- EXERCISE DETAILS: Print the entire listing. Each line must match the original exactly.

- EXERCISE MATERIALS:
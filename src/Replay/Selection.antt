-- ===== src/Replay/Selection.antt =====
-- netreplay/core/replay/selection.py: which packets are replayed. Times are microseconds; a set is a list.
use net_replay.Common.{
  arith, ℕ, ◌≡◌, refl, Bool, true, false, ◌&&◌, Option, none, some, List, [], ◌∷◌, ltb, ◌==◌,
  if◌then◌else◌,
}

-- The columns of `PacketRow` that a selection reads.
pub record PacketRow : Type 0 where
  pub id : ℕ
  pub flow_id : Option ℕ
  pub ts : ℕ

pub record ReplaySelection : Type 0 where
  pub packet_ids : Option (List ℕ)
  pub flow_ids : Option (List ℕ)
  pub start_ts : Option ℕ
  pub end_ts : Option ℕ

-- `frozenset(ids) if ids else None`
unfoldable pub set_of : Option (List ℕ) → Option (List ℕ)
set_of none = none
set_of (some []) = none
set_of (some (x ∷ xs)) = some (x ∷ xs)

unfoldable pub ends_early : Option ℕ → Option ℕ → Bool
ends_early (some s) (some e) = ltb e s
ends_early _ _ = false

-- `none` is the ValueError.
unfoldable pub from_values :
    Option (List ℕ) → Option (List ℕ) → Option ℕ → Option ℕ → Option ReplaySelection
from_values packet_ids flow_ids start_ts end_ts =
    if ends_early start_ts end_ts
    then none
    else (some (record {
      packet_ids = set_of packet_ids;
      flow_ids = set_of flow_ids;
      start_ts = start_ts;
      end_ts = end_ts;
    }))

abbrev pub contains : List ℕ → ℕ → Bool
contains [] n = false
contains (x ∷ xs) n = if x == n then true else contains xs n

-- `row.flow_id in flow_ids`
abbrev pub contains_flow : List ℕ → Option ℕ → Bool
contains_flow xs none = false
contains_flow xs (some n) = contains xs n

unfoldable pub keeps_packet : Option (List ℕ) → PacketRow → Bool
keeps_packet none row = true
keeps_packet (some ids) row = contains ids row.id

unfoldable pub keeps_flow : Option (List ℕ) → PacketRow → Bool
keeps_flow none row = true
keeps_flow (some ids) row = contains_flow ids row.flow_id

unfoldable pub keeps_start : Option ℕ → PacketRow → Bool
keeps_start none row = true
keeps_start (some t) row = if ltb row.ts t then false else true

unfoldable pub keeps_end : Option ℕ → PacketRow → Bool
keeps_end none row = true
keeps_end (some t) row = if ltb t row.ts then false else true

unfoldable pub matches : ReplaySelection → PacketRow → Bool
matches s row =
    if keeps_packet s.packet_ids row
    then (if keeps_flow s.flow_ids row
        then (if keeps_start s.start_ts row then keeps_end s.end_ts row else false)
        else false)
    else false

unfoldable pub select : ReplaySelection → List PacketRow → List PacketRow
select s [] = []
select s (row ∷ rows) = let rest = select s rows in if matches s row then row ∷ rest else rest

abbrev pub unrestricted : ReplaySelection
unrestricted = record { packet_ids = none; flow_ids = none; start_ts = none; end_ts = none }

unfoldable pub is_none : {A : Type 0} → Option A → Bool
is_none none = true
is_none (some a) = false

unfoldable pub is_unrestricted : ReplaySelection → Bool
is_unrestricted s =
    is_none s.packet_ids && is_none s.flow_ids && is_none s.start_ts && is_none s.end_ts

pick : Bool → PacketRow → List PacketRow → List PacketRow
pick true row rest = row ∷ rest
pick false row rest = rest

-- The dimensions of a selection combine with AND: selecting by all of them gives the rows, in order, that
-- are left by selecting by the time range, then by the flows and then by the packet ids, each alone.
pub select_dimensions :
    (s : ReplaySelection) (rows : List PacketRow)
    → select s rows
      ≡ select
          (record unrestricted { packet_ids = s.packet_ids })
          (select
            (record unrestricted { flow_ids = s.flow_ids })
            (select (record unrestricted { start_ts = s.start_ts; end_ts = s.end_ts }) rows))
unfolding select matches keeps_packet keeps_flow keeps_start keeps_end
select_dimensions s [] = refl
select_dimensions s (row ∷ rows) = ground (arith, select_dimensions s rows)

- COMPLETED TASK:
filename src/Replay/Selection.antt
-- ===== src/Replay/Selection.antt =====
-- netreplay/core/replay/selection.py: which packets are replayed. Times are microseconds; a set is a list.
use net_replay.Common.{
  arith, ℕ, ◌≡◌, refl, Bool, true, false, ◌&&◌, Option, none, some, List, [], ◌∷◌, ltb, ◌==◌,
  if◌then◌else◌,
}

-- The columns of `PacketRow` that a selection reads.
pub record PacketRow : Type 0 where
  pub id : ℕ
  pub flow_id : Option ℕ
  pub ts : ℕ

pub record ReplaySelection : Type 0 where
  pub packet_ids : Option (List ℕ)
  pub flow_ids : Option (List ℕ)
  pub start_ts : Option ℕ
  pub end_ts : Option ℕ

-- `frozenset(ids) if ids else None`
unfoldable pub set_of : Option (List ℕ) → Option (List ℕ)
set_of none = none
set_of (some []) = none
set_of (some (x ∷ xs)) = some (x ∷ xs)

unfoldable pub ends_early : Option ℕ → Option ℕ → Bool
ends_early (some s) (some e) = ltb e s
ends_early _ _ = false

-- `none` is the ValueError.
unfoldable pub from_values :
    Option (List ℕ) → Option (List ℕ) → Option ℕ → Option ℕ → Option ReplaySelection
from_values packet_ids flow_ids start_ts end_ts =
    if ends_early start_ts end_ts
    then none
    else (some (record {
      packet_ids = set_of packet_ids;
      flow_ids = set_of flow_ids;
      start_ts = start_ts;
      end_ts = end_ts;
    }))

abbrev pub contains : List ℕ → ℕ → Bool
contains [] n = false
contains (x ∷ xs) n = if x == n then true else contains xs n

-- `row.flow_id in flow_ids`
abbrev pub contains_flow : List ℕ → Option ℕ → Bool
contains_flow xs none = false
contains_flow xs (some n) = contains xs n

unfoldable pub keeps_packet : Option (List ℕ) → PacketRow → Bool
keeps_packet none row = true
keeps_packet (some ids) row = contains ids row.id

unfoldable pub keeps_flow : Option (List ℕ) → PacketRow → Bool
keeps_flow none row = true
keeps_flow (some ids) row = contains_flow ids row.flow_id

unfoldable pub keeps_start : Option ℕ → PacketRow → Bool
keeps_start none row = true
keeps_start (some t) row = if ltb row.ts t then false else true

unfoldable pub keeps_end : Option ℕ → PacketRow → Bool
keeps_end none row = true
keeps_end (some t) row = if ltb t row.ts then false else true

unfoldable pub matches : ReplaySelection → PacketRow → Bool
matches s row =
    if keeps_packet s.packet_ids row
    then (if keeps_flow s.flow_ids row
        then (if keeps_start s.start_ts row then keeps_end s.end_ts row else false)
        else false)
    else false

unfoldable pub select : ReplaySelection → List PacketRow → List PacketRow
select s [] = []
select s (row ∷ rows) = let rest = select s rows in if matches s row then row ∷ rest else rest

abbrev pub unrestricted : ReplaySelection
unrestricted = record { packet_ids = none; flow_ids = none; start_ts = none; end_ts = none }

unfoldable pub is_none : {A : Type 0} → Option A → Bool
is_none none = true
is_none (some a) = false

unfoldable pub is_unrestricted : ReplaySelection → Bool
is_unrestricted s =
    is_none s.packet_ids && is_none s.flow_ids && is_none s.start_ts && is_none s.end_ts

pick : Bool → PacketRow → List PacketRow → List PacketRow
pick true row rest = row ∷ rest
pick false row rest = rest

-- The dimensions of a selection combine with AND: selecting by all of them gives the rows, in order, that
-- are left by selecting by the time range, then by the flows and then by the packet ids, each alone.
pub select_dimensions :
    (s : ReplaySelection) (rows : List PacketRow)
    → select s rows
      ≡ select
          (record unrestricted { packet_ids = s.packet_ids })
          (select
            (record unrestricted { flow_ids = s.flow_ids })
            (select (record unrestricted { start_ts = s.start_ts; end_ts = s.end_ts }) rows))
unfolding select matches keeps_packet keeps_flow keeps_start keeps_end
select_dimensions s [] = refl
select_dimensions s (row ∷ rows) = ground (arith, select_dimensions s rows)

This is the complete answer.